After Sen. Tim Scott (R–S.C.), Carlson's second guest was former Arkansas Gov. Asa Hutchinson, a long-shot candidate currently polling at 1 percent in a statistical tie with "Someone else." Carlson's first question related to Hutchinson's 2021 veto of H.B. 1570, an Arkansas bill that would have prohibited medical professionals from providing any medical treatment to minors related to gender transitioning, including puberty blockers and gender reassignment surgeries. It also did not include a grandfather clause, meaning any minors who were on hormone therapy when the law went into effect would either have to stop or seek treatment across state lines. (State lawmakers overrode Hutchinson's veto, but the law is currently on hold pending litigation.)

"Have you reassessed your view on it since then?" Carlson asked.

Hutchinson stood behind his decision. "What I believe in is that parents ought to raise their children," he said. "I believe that God created genders and that there should not be any confusion on your gender. But if there is confusion, then parents ought to be the ones that guide the children."

To be clear, Hutchinson is no progressive radical on the issue: He accused some public schools of "pushing transgenderism" and said, "If there had a been a bill that said you should not ever have transgender surgery as a minor, I would sign that in a minute, because no parent should be able to consent to that permanent change." (Under American Academy of Pediatrics guidelines, surgery for minors should only be pursued "on a case-by-case basis" and include "multidisciplinary input from medical, mental health, and surgical providers as well as from the adolescent and family.")

But unexpectedly for a candidate running to be the leader of the Republican Party, Hutchinson offered a qualified yet nuanced defense of transgender care for minors from the perspective of limiting the role of government and supporting the rights of parents.

"I believe in a limited role of government," Hutchinson said. "I don't think that California ought to be able to tell parents, 'You need to have gender-affirming care for children.' The government should not do that. And in the same way, let's keep the government out of it unless it's [an] extreme case, and let's let parents guide the children."

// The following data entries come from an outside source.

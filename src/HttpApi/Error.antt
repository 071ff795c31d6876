-- ===== src/HttpApi/Error.antt =====
-- http-api/src/error.rs: the errors of the API, and the response to each. The payload that wraps an
-- error of another crate is the text that it shows.
pub mod Statuses
use radicle_client_services.Base.{Text, ℕ, lit, eqb, if◌then◌else◌, Option, none, some, Outcome}

pub data Error : Type 0 where
  git : Text → Error
  missing_namespace missing_default_branch : Error
  tracking local_identity : Text → Error
  not_found : Error
  no_head auth siwe_verification siwe_parse : Text → Error
  identities surf storage pool project_error : Text → Error
  io : Text → Text → Error
  init source env identity_resolve cobs tokio_join_error common : Text → Error

-- the status and the message of `into_response`
unfoldable pub response_of : Error → ℕ × Option Text
response_of not_found = (404, none)
response_of (no_head msg) = (404, some msg)
response_of (auth msg) = (400, some msg)
response_of (siwe_parse msg) = (400, some msg)
response_of (siwe_verification msg) = (400, some msg)
response_of (git msg) = (500, some msg)
response_of _ = (500, none)

-- StatusCode::canonical_reason, of the statuses above
abbrev canonical_reason : ℕ → Option Text
canonical_reason code =
    if eqb code 400
    then some (lit "Bad Request")
    else if eqb code 404
    then some (lit "Not Found")
    else if eqb code 500
    then some (lit "Internal Server Error")
    else none

-- the fields "error" and "code" of the body
abbrev error_text : ℕ × Option Text → Option Text
error_text (code, some msg) = some msg
error_text (code, none) = canonical_reason code

unfoldable pub into_response : Error → ℕ × Option Text
into_response e = ((response_of e).0, error_text (response_of e))

abbrev pub Result : Type 0 → Type 0
Result A = Outcome Error A
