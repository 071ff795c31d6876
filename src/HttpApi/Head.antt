-- ===== src/HttpApi/Head.antt =====
-- `get_head_commit` of http-api/src/lib.rs: the commit at the head of a project.
pub mod Fallback
use radicle_client_services.Base.{
  Text, lit, Option, none, some, List, [], ◌∷◌, Outcome, ok, err, panic, ok_or, map_err, ensure,
  ◌>>=◌, ◌>>◌,
}
use radicle_client_services.Extern.Peers.{Peers}
use radicle_client_services.Extern.Monorepo.{Monorepo}
use radicle_client_services.Extern.Api.{Api, Delegate, direct, indirect}
use radicle_client_services.HttpApi.Error.{
  Error, Result, git, surf, missing_namespace, missing_default_branch, no_head,
}

-- the match on the delegates
unfoldable pub default_delegate : {P : Peers} → List (Delegate P) → Result P.PeerId
default_delegate (direct id ∷ []) = ok id
default_delegate (indirect (id ∷ []) ∷ []) = ok id
default_delegate (indirect _ ∷ []) = err (
    no_head (lit "project has single indirect delegate with zero or more than one direct delegate"))
default_delegate [] = err (no_head (lit "project has no delegates"))
default_delegate (_ ∷ _ ∷ _) = err (no_head (lit "project has multiple delegates"))

module _ {P : Peers} (G : Monorepo P) (X : Api G) where
  -- the match on the local head: any error falls back to the delegate
  find_head :
      G.Store
      → G.Urn
      → Text
      → List (Delegate P)
      → Outcome Text (Option G.Oid)
      → Result (Option G.Oid)
  find_head s urn branch delegates (ok head) = ok head
  find_head s urn branch delegates panic = panic
  find_head s urn branch delegates (err e) = do
    id ← default_delegate delegates
    map_err (λ _. no_head (lit "history lookup failed"))
        (G.find_reference s (X.head urn (some id) branch))

  unfoldable pub get_head_commit : G.Store → G.Urn → Text → List (Delegate P) → Result G.Oid
  unfolding find_head
  get_head_commit s urn default_branch delegates = do
    ensure (X.is_namespace urn) missing_namespace
    ensure (X.is_branch default_branch) missing_default_branch
    head ←
        find_head s urn default_branch delegates
          (G.find_reference s (X.head urn none default_branch))
    oid ← ok_or (no_head (lit "head target not found")) head
    map_err git (X.find_commit s oid)
    map_err surf (X.commit_of s oid)
    ok oid
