-- ===== src/HttpApi/Head/Fallback.antt =====
-- Which commit is the head of a project: that of the local branch, else that of the only delegate.
use radicle_client_services.Base.{
  Text, Option, none, some, List, [], ◌∷◌, Outcome, ok, err, map_err, ensure, >>=-eq-ok, ok_or-bind,
  map_err-eq-ok, ok-injective, ◌≡◌, ◌∙◌, refl, subst, panic, ap,
}
use radicle_client_services.Extern.Peers.{Peers}
use radicle_client_services.Extern.Monorepo.{Monorepo}
use radicle_client_services.Extern.Api.{Api, Delegate, direct, indirect}
use radicle_client_services.HttpApi.Error.{git, surf}
use radicle_client_services.HttpApi.Head.{default_delegate, find_head, get_head_commit}

module _ {P : Peers} (G : Monorepo P) (X : Api G) (s : G.Store) (urn : G.Urn) (branch : Text) where
  -- The delegates come down to one peer: a single one, direct or with a single key.
  pub data IsOnly : List (Delegate P) → P.PeerId → Type 0 where
    only_direct : (id : P.PeerId) → IsOnly (direct id ∷ []) id
    only_indirect : (id : P.PeerId) → IsOnly (indirect (id ∷ []) ∷ []) id

  default_delegate-IsOnly :
      (delegates : List (Delegate P)) (id : P.PeerId)
      → default_delegate delegates ≡ ok id
      → IsOnly delegates id
  unfolding default_delegate
  default_delegate-IsOnly [] id h = cc
  default_delegate-IsOnly (direct i ∷ []) id h =
      subst (IsOnly (direct i ∷ [])) (ok-injective h) (only_direct i)
  default_delegate-IsOnly (indirect [] ∷ []) id h = cc
  default_delegate-IsOnly (indirect (i ∷ []) ∷ []) id h =
      subst (IsOnly (indirect (i ∷ []) ∷ [])) (ok-injective h) (only_indirect i)
  default_delegate-IsOnly (indirect (i ∷ j ∷ is) ∷ []) id h = cc
  default_delegate-IsOnly (d ∷ e ∷ ds) id h = cc

  -- Where the head comes from: the local reference, or that of the only delegate if git does not
  -- find the local one.
  pub data IsHead (delegates : List (Delegate P)) (oid : G.Oid) : Type 0 where
    local_head : G.find_reference s (X.head urn none branch) ≡ ok (some oid) → IsHead delegates oid
    remote_head :
        (e : Text) (id : P.PeerId)
        → G.find_reference s (X.head urn none branch) ≡ err e
        → IsOnly delegates id
        → G.find_reference s (X.head urn (some id) branch) ≡ ok (some oid)
        → IsHead delegates oid

  find_head-IsHead :
      (delegates : List (Delegate P)) (oid : G.Oid) (r : Outcome Text (Option G.Oid))
      → G.find_reference s (X.head urn none branch) ≡ r
      → find_head G X s urn branch delegates r ≡ ok (some oid)
      → IsHead delegates oid
  unfolding get_head_commit
  find_head-IsHead delegates oid (ok head) found h = local_head (found ∙ ap ok (ok-injective h))
  find_head-IsHead delegates oid panic found h = cc
  find_head-IsHead delegates oid (err e) found h =
      let (id, only, h₁) = >>=-eq-ok (default_delegate delegates) _ h in
      remote_head e id found (default_delegate-IsOnly delegates id only)
        (map_err-eq-ok _ (G.find_reference s (X.head urn (some id) branch)) h₁)

  -- If there is a head commit, it is the target of the local branch, or, if git does not find that,
  -- of the branch of the only delegate; a symbolic reference has no target.
  pub get_head_commit-IsHead :
      (delegates : List (Delegate P)) (oid : G.Oid)
      → get_head_commit G X s urn branch delegates ≡ ok oid
      → IsHead delegates oid
  unfolding get_head_commit
  get_head_commit-IsHead delegates oid h =
      let (u₁, named, h₁) = >>=-eq-ok (ensure (X.is_namespace urn) _) _ h in
      let (u₂, valid, h₂) = >>=-eq-ok (ensure (X.is_branch branch) _) _ h₁ in
      let (head, found, h₃) =
        >>=-eq-ok
          (find_head G X s urn branch delegates (G.find_reference s (X.head urn none branch))) _
          h₂ in
      let (o, target, h₄) = ok_or-bind _ head _ h₃ in
      let (u₃, in_repo, h₅) = >>=-eq-ok (map_err git (X.find_commit s o)) _ h₄ in
      let (u₄, browsed, h₆) = >>=-eq-ok (map_err surf (X.commit_of s o)) _ h₅ in
      find_head-IsHead delegates oid (G.find_reference s (X.head urn none branch)) refl
        (found ∙ ap ok (target ∙ ap some (ok-injective h₆)))
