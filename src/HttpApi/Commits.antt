-- ===== src/HttpApi/Commits.antt =====
-- `history_handler` of http-api/src/v1/projects.rs, from the commits that radicle-source lists to
-- the page of the response, and the committer of a commit.
pub mod History
use radicle_client_services.Base.{
  Text, lit, ℕ, ℤ, leb_int, ltb_int, ◌&&◌, ◌||◌, not, length, keep, Assoc, get, get_or_else,
  if◌then◌else◌, Bool, true, false, Option, none, some, List, [], ◌∷◌, Outcome, ok, err, panic,
  map_err, ◌>>=◌,
}
use radicle_client_services.HttpApi.Error.{Error, Result, io}
use radicle_client_services.HttpApi.Pages.{page_of}

-- radicle_source::commit::Header, as far as it is read; its time in seconds is an i64
pub record Header : Type 0 where
  pub sha1 : Text
  pub committer_time : ℤ

-- CommitsQueryString, without `parent`
pub record CommitsQuery : Type 0 where
  pub since : Option ℤ
  pub until : Option ℤ
  pub page : Option ℕ
  pub per_page : Option ℕ
  pub verified : Option Bool

-- the filter
unfoldable pub is_within : Option ℤ → Option ℤ → ℤ → Bool
is_within (some since) (some until) t = leb_int since t && ltb_int t until
is_within (some since) none t = leb_int since t
is_within none (some until) t = ltb_int t until
is_within none none t = true

abbrev is_none : Option ℤ → Bool
is_none none = true
is_none (some t) = false

unfoldable pub default_per_page : CommitsQuery → ℕ → ℕ
default_per_page q count = elim q.per_page [
  | some n ↦ n
  | none ↦ if not (is_none q.since) || not (is_none q.until) then count else 30
]

-- `collect` into a result: up to the first error
unfoldable pub collect : {A B : Type 0} → (A → Result B) → List A → Result (List B)
collect f [] = ok []
collect f (x ∷ xs) = do y ← f x; ys ← collect f xs; ok (y ∷ ys)

-- the lookup of a fingerprint among those of the project
unfoldable pub find_committer :
    {PeerInfo : Type 0} → Option (Assoc PeerInfo) → Option Text → Option PeerInfo
find_committer (some fps) (some fp) = get fp fps
find_committer _ _ = none

module _ {PeerInfo : Type 0} (fingerprint_of : Text → Outcome Text (Option Text)) where
  -- `commit_ssh_fingerprint`, and the lookup
  unfoldable pub committer_of : Option (Assoc PeerInfo) → Text → Result (Option PeerInfo)
  committer_of fingerprints sha1 = do
    fp ← map_err (λ e. io (lit "failed to get commit's ssh fingerprint") e) (fingerprint_of sha1)
    ok (find_committer fingerprints fp)

  -- the closure of `map`
  unfoldable pub teaser_of :
      Option (Assoc PeerInfo) → CommitsQuery → Header → Result (Header × Option PeerInfo)
  teaser_of fingerprints q header =
      if get_or_else q.verified false
      then (do committer ← committer_of fingerprints header.sha1; ok (header, committer))
      else ok (header, none)

  unfoldable pub history :
      Option (Assoc PeerInfo)
      → CommitsQuery
      → List Header
      → Result (List (Header × Option PeerInfo))
  history fingerprints q headers =
      let per_page = default_per_page q (length headers) in
      collect (teaser_of fingerprints q) (
        page_of (get_or_else q.page 0) per_page
          (keep (λ h. is_within q.since q.until h.committer_time) headers))
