-- ===== src/HttpApi/Changeset.antt =====
-- `Changeset::stats` of http-api/src/v1/projects.rs: how many lines a diff adds and deletes.
pub mod Counts
use radicle_client_services.Base.{ℕ, suc, ◌+◌, List, [], ◌∷◌}

-- radicle_surf::diff, as far as it is matched on: a line that is neither added nor deleted, and a
-- file that is not plain, are other ones
pub data LineDiff : Type 0 where
  addition deletion other_line : LineDiff

pub data FileDiff : Type 0 where
  other_file : FileDiff
  plain : List (List LineDiff) → FileDiff

pub record Diff : Type 0 where
  pub created : List FileDiff
  pub deleted : List FileDiff
  pub modified : List FileDiff

pub record Stats : Type 0 where
  pub additions : ℕ
  pub deletions : ℕ

-- the match of each of the three loops on a line
unfoldable pub count_modified : LineDiff → Stats → Stats
count_modified addition s = record s { additions = suc s.additions }
count_modified deletion s = record s { deletions = suc s.deletions }
count_modified other_line s = s

unfoldable pub count_created : LineDiff → Stats → Stats
count_created addition s = record s { additions = suc s.additions }
count_created _ s = s

unfoldable pub count_deleted : LineDiff → Stats → Stats
count_deleted deletion s = record s { deletions = suc s.deletions }
count_deleted _ s = s

-- `for x in xs { … }`
unfoldable pub fold_for : {A : Type 0} → (A → Stats → Stats) → List A → Stats → Stats
fold_for f [] s = s
fold_for f (x ∷ xs) s = fold_for f xs (f x s)

-- the loops over the hunks of a file and over the lines of each
unfoldable pub count_file : (LineDiff → Stats → Stats) → FileDiff → Stats → Stats
count_file count (plain hunks) s = fold_for (fold_for count) hunks s
count_file count _ s = s

unfoldable pub stats : Diff → Stats
stats diff =
    let s₁ =
      fold_for (count_file count_modified) diff.modified
        (record { additions = 0; deletions = 0 }) in
    let s₂ = fold_for (count_file count_created) diff.created s₁ in
    fold_for (count_file count_deleted) diff.deleted s₂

A skeptical Carlson pushed back, "You believe it's treatment. You believe, I suppose, that people can change their sex. Because if you don't believe that, you wouldn't call it treatment, would you?"

Hutchinson paused before carefully continuing, "I wouldn't make that decision in my family, and I don't believe that taxpayers' funds should be used for transgender surgery through Medicaid or Medicare or in our military." But, he continued, "I'm saying one simple fundamental thing, that we have to have a debate as to what's the limited role of government."

The crowd was largely unreceptive to the argument. Blaze Media founder Glenn Beck compared Hutchinson's performance to the Hindenburg disaster. But Hutchinson's defense was laudable, especially for the fact that it ran contrary to the direction his party and its base are moving. After all, if both a child's parents and doctor decide that a form of medical care is appropriate, then what business is it of the state government to stand in the way?